- [EXERCISE PROMPT]
Below are some records; quote exactly the lines from the one that contains "pub kept : p.role_given" through the one that contains "pub stored : Memᴰ m' s'.memberships", inclusive, and no others.

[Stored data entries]
-- ===== src/Users/Updated.antt =====
-- What an accepted update of a member changes, and what it may not change.
use mathlib.Core.List.{Memᴰ}
use pulse_crm.Prelude.{ℕ, ◌+◌, ◌≡◌, ◌≢◌, true, false, some, List}
use pulse_crm.Models.{Role, owner, admin, Membership}
use pulse_crm.Access.{Context}
use pulse_crm.Users.{Store, UserUpdate}

abbrev pub IsOrdinary : Role → Type 0
IsOrdinary r = (r ≢ owner) × (r ≢ admin)

pub record IsUpdated (s : Store) (c : Context) (user_id : ℕ) (p : UserUpdate)
    (meanwhile : List Membership) (s' : Store) (m' : Membership) : Type 0 where
  pub member : Membership
  pub row : Membership
  pub listed : Memᴰ member s.memberships
  pub inside : member.workspace_id ≡ c.workspace_id
  pub of_user : member.user_id ≡ user_id
  pub current : Memᴰ row meanwhile
  pub same_key : row.id ≡ member.id
  pub expected : row.version ≡ p.expected_version
  pub asked : p.role_given ≡ true → p.role ≡ some m'.role
  pub kept : p.role_given ≡ false → m'.role ≡ row.role
  pub written :
      (m'.id ≡ row.id)
      × (m'.user_id ≡ row.user_id)
      × (m'.workspace_id ≡ row.workspace_id)
      × (m'.version ≡ row.version + 1)
  pub stored : Memᴰ m' s'.memberships
  pub others : (x : Membership) → Memᴰ x meanwhile → x.id ≢ row.id → Memᴰ x s'.memberships
  pub peers : c.role ≡ admin → IsOrdinary member.role
  pub grants : c.role ≡ admin → p.role_given ≡ true → IsOrdinary m'.role
  pub self : user_id ≡ c.user_id → p.role_given ≡ true → m'.role ≡ member.role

- [ANSWER BOX]
  pub kept : p.role_given ≡ false → m'.role ≡ row.role
  pub written :
      (m'.id ≡ row.id)
      × (m'.user_id ≡ row.user_id)
      × (m'.workspace_id ≡ row.workspace_id)
      × (m'.version ≡ row.version + 1)
  pub stored : Memᴰ m' s'.memberships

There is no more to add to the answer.